Aerosol-generating procedure explained

An aerosol-generating procedure (AGP) is a medical or health-care procedure that a public health agency such as the World Health Organization or the United States Centers for Disease Control and Prevention (CDC) has designated as creating an increased risk of transmission of an aerosol borne contagious disease, such as COVID-19. The presumption is that the risk of transmission of the contagious disease from a patient having an AGP performed on them is higher than for a patient who is not having an AGP performed upon them. This then informs decisions on infection control, such as what personal protective equipment (PPE) is required by a healthcare worker performing the medical procedure, or what PPE healthcare workers are allowed to use.

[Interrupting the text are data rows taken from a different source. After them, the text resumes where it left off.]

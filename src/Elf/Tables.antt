-- ===== src/Elf/Tables.antt =====
-- crates/kiry-core/src/elf.rs, `count`, `versions` and `symbols`: the tables that the dynamic section
-- points at.
use kiry.Base.{
  ℕ, zero, suc, ◌+◌, ◌-◌, ◌*◌, ◌/◌, ◌%◌, ◌^◌, max, List, [], ◌∷◌, ◌++◌, Bool, true, false, ◌&&◌,
  ◌||◌, Option, none, some, ◌==◌, nat_eq, ltb, leb, take, drop, get_elem?, if◌then◌else◌, Result,
  ok, err, ok_or, ◌>>=◌, String,
}
use kiry.Base.Text.{Str}
use kiry.Elf.Words.{get_from, from_le_bytes, u16at, u32at, u64at, at, offset_of, string}
use kiry.Elf.Compare.{Sym}

abbrev pub Loads : Type 0
Loads = List (ℕ × (ℕ × ℕ))

-- The file from where an address is mapped.
unfoldable pub mapped : List ℕ → Loads → ℕ → String → Result String (List ℕ)
mapped b loads addr why = do
  offset ← offset_of loads addr
  start ← at offset
  ok_or (get_from b start) why

u16_or : List ℕ → ℕ → String → Result String ℕ
u16_or t from why = ok_or (u16at t from) why

size_at : List ℕ → ℕ → String → Result String ℕ
size_at t from why = do v ← ok_or (u32at t from) why; at v

-- The largest of the buckets from `from` on.
unfoldable pub last_bucket : List ℕ → ℕ → ℕ → ℕ → Result String ℕ
unfolding size_at
last_bucket t from zero last = ok last
last_bucket t from (suc n) last = do
  v ← size_at t from "short gnu hash buckets"
  last_bucket t (from + 4) n (max last v)

-- The chain of a bucket, four bytes a symbol; the low bit of the last one is set.
unfoldable pub chain : List ℕ → ℕ → Result String ℕ
chain (a ∷ b ∷ c ∷ d ∷ rest) i =
    let later = chain rest (i + 1) in
    if from_le_bytes (a ∷ b ∷ c ∷ d ∷ []) % 2 == 1 then ok (i + 1) else later
chain [] i = err "gnu hash chain runs off the end"
chain (a ∷ []) i = err "gnu hash chain runs off the end"
chain (a ∷ b ∷ []) i = err "gnu hash chain runs off the end"
chain (a ∷ b ∷ c ∷ []) i = err "gnu hash chain runs off the end"

-- The symbols that the GNU hash table sizes; every bucket empty means none past `symoffset`.
unfoldable pub gnu_count : List ℕ → Result String ℕ
unfolding size_at last_bucket chain
gnu_count t = do
  nbuckets ← size_at t 0 "short gnu hash"
  symoffset ← size_at t 4 "short gnu hash"
  bloom ← size_at t 8 "short gnu hash"
  let buckets_at = 16 + bloom * 8
  last ← last_bucket t buckets_at nbuckets 0
  elim (ltb last symoffset) [
    | true ↦ ok symoffset
    | false ↦ chain (drop (buckets_at + nbuckets * 4 + (last - symoffset) * 4) t) last
  ]

unfoldable pub count : List ℕ → Loads → Option ℕ → Option ℕ → Result String ℕ
unfolding mapped gnu_count size_at
count b loads hash (some addr) = do t ← mapped b loads addr "gnu hash past the file"; gnu_count t
count b loads (some addr) none = do
  t ← mapped b loads addr "hash past the file"
  size_at t 4 "short hash table"
count b loads none none = err "a symbol table with no hash table to size it"

-- A version by its index, and whether this file defines it.
abbrev pub VersionName : Type 0
VersionName = ℕ × (Str × Bool)

-- The loop over the definitions; one that describes the file itself (`VER_FLG_BASE`) is no version.
unfoldable pub verdefs : List ℕ → List ℕ → ℕ → ℕ → Result String (List VersionName)
unfolding u16_or size_at
verdefs t strs from zero = ok []
verdefs t strs from (suc n) = do
  flags ← u16_or t (from + 2) "short verdef"
  ndx ← u16_or t (from + 4) "short verdef"
  aux ← size_at t (from + 12) "short verdef"
  next ← size_at t (from + 16) "short verdef"
  here ← elim (flags % 2 == 0) [
    | true ↦ (do
      name ← ok_or (u32at t (from + aux)) "short verdaux"
      s ← string strs name
      ok ((ndx, (s, true)) ∷ []))
    | false ↦ ok []
  ]
  rest ← elim (next == 0) [ true ↦ ok [] | false ↦ verdefs t strs (from + next) n ]
  ok (here ++ rest)

-- The versions that are asked of one other file.
unfoldable pub vernauxes : List ℕ → List ℕ → ℕ → ℕ → Result String (List VersionName)
unfolding u16_or size_at
vernauxes t strs a zero = ok []
vernauxes t strs a (suc n) = do
  other ← u16_or t (a + 6) "short vernaux"
  name ← ok_or (u32at t (a + 8)) "short vernaux"
  anext ← size_at t (a + 12) "short vernaux"
  s ← string strs name
  rest ← elim (anext == 0) [ true ↦ ok [] | false ↦ vernauxes t strs (a + anext) n ]
  ok ((other, (s, false)) ∷ rest)

unfoldable pub verneeds : List ℕ → List ℕ → ℕ → ℕ → Result String (List VersionName)
unfolding u16_or size_at vernauxes
verneeds t strs from zero = ok []
verneeds t strs from (suc n) = do
  cnt ← u16_or t (from + 2) "short verneed"
  aux ← size_at t (from + 8) "short verneed"
  next ← size_at t (from + 12) "short verneed"
  here ← vernauxes t strs (from + aux) cnt
  rest ← elim (next == 0) [ true ↦ ok [] | false ↦ verneeds t strs (from + next) n ]
  ok (here ++ rest)

unfoldable pub versions :
    List ℕ → Loads → List ℕ → Option ℕ → ℕ → Option ℕ → ℕ → Result String (List VersionName)
unfolding mapped verdefs verneeds
versions b loads strs verdef verdefnum verneed verneednum = do
  mine ← elim verdef [
    | none ↦ ok []
    | some addr ↦ (do
      t ← mapped b loads addr "verdef past the end of the file"
      verdefs t strs 0 verdefnum)
  ]
  others ← elim verneed [
    | none ↦ ok []
    | some addr ↦ (do
      t ← mapped b loads addr "verneed past the end of the file"
      verneeds t strs 0 verneednum)
  ]
  ok (mine ++ others)

unfoldable pub name_of : List VersionName → ℕ → Option (Str × Bool)
name_of [] ndx = none
name_of ((k, v) ∷ names) ndx = let rest = name_of names ndx in if k == ndx then some v else rest

-- The version of a symbol and whether it is the default; the high bit of the index says that it is not.
unfoldable pub version_of : List VersionName → ℕ → Option Str × Bool
unfolding name_of
version_of names raw =
    let ndx = raw % 2 ^ 15 in
    let shown = ltb raw (2 ^ 15) in
    elim (leb ndx 1) [
      | true ↦ (none, true)
      | false ↦ elim (name_of names ndx) [
        | some (v, mine) ↦ (some v, mine && shown)
        | none ↦ (none, shown)
      ]
    ]

version_at : Option (List ℕ) → List VersionName → ℕ → Result String (Option Str × Bool)
unfolding version_of u16_or
version_at none names i = ok (none, true)
version_at (some v) names i = do
  raw ← u16_or v (i * 2) "versym is shorter than the symbol table"
  ok (version_of names raw)

-- A symbol and whether it is undefined; nothing for one without a name.
unfoldable pub symbol_named :
    List ℕ
    → List VersionName
    → Option (List ℕ)
    → List ℕ
    → ℕ
    → ℕ
    → Bool
    → Result String (Option (Sym × Bool))
unfolding u16_or version_at
symbol_named strs names vers e i name true = ok none
symbol_named strs names vers e i name false = do
  info ← ok_or (get_elem? e 4) "short symbol"
  shndx ← u16_or e 6 "short symbol"
  size ← ok_or (u64at e 16) "short symbol"
  (version, default) ← version_at vers names i
  s ← string strs name
  let kind = info % 16
  ok (
      some (
        record {
          name = s;
          version = version;
          default = default;
          weak = info / 16 == 2;
          object = kind == 1 || kind == 6;
          size = size;
          kind = kind;
        },
        shndx == 0,
      ))

unfoldable pub symbol_of :
    List ℕ → List VersionName → Option (List ℕ) → List ℕ → ℕ → Result String (Option (Sym × Bool))
unfolding symbol_named
symbol_of strs names vers e i = do
  name ← ok_or (u32at e 0) "short symbol"
  symbol_named strs names vers e i name (name == 0)

put_symbol : Option (Sym × Bool) → List Sym × List Sym → List Sym × List Sym
put_symbol none (exports, undefined) = (exports, undefined)
put_symbol (some (s, true)) (exports, undefined) = (exports, s ∷ undefined)
put_symbol (some (s, false)) (exports, undefined) = (s ∷ exports, undefined)

-- The loop over the entries, of `entsize` bytes each.
unfoldable pub symbols_from :
    List ℕ
    → List VersionName
    → Option (List ℕ)
    → ℕ
    → List ℕ
    → ℕ
    → ℕ
    → Result String (List Sym × List Sym)
unfolding symbol_of put_symbol
symbols_from strs names vers entsize table i zero = ok ([], [])
symbols_from strs names vers entsize table i (suc n) = do
  s ← symbol_of strs names vers (take entsize table) i
  rest ← symbols_from strs names vers entsize (drop entsize table) (i + 1) n
  ok (put_symbol s rest)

Designation of a procedure as an AGP may indicate a presumption that such a procedure causes the emission of more aerosols than a patient not undergoing the procedure. Such a position is at increasing odds with the scientific understanding of bioaerosol production and airborne transmission of respiratory infections.[1] [2] [3] [4] At times, healthcare workers concerned about their own risk of contracting airborne infections have been denied access to respirators outside the employment of AGPs.[5]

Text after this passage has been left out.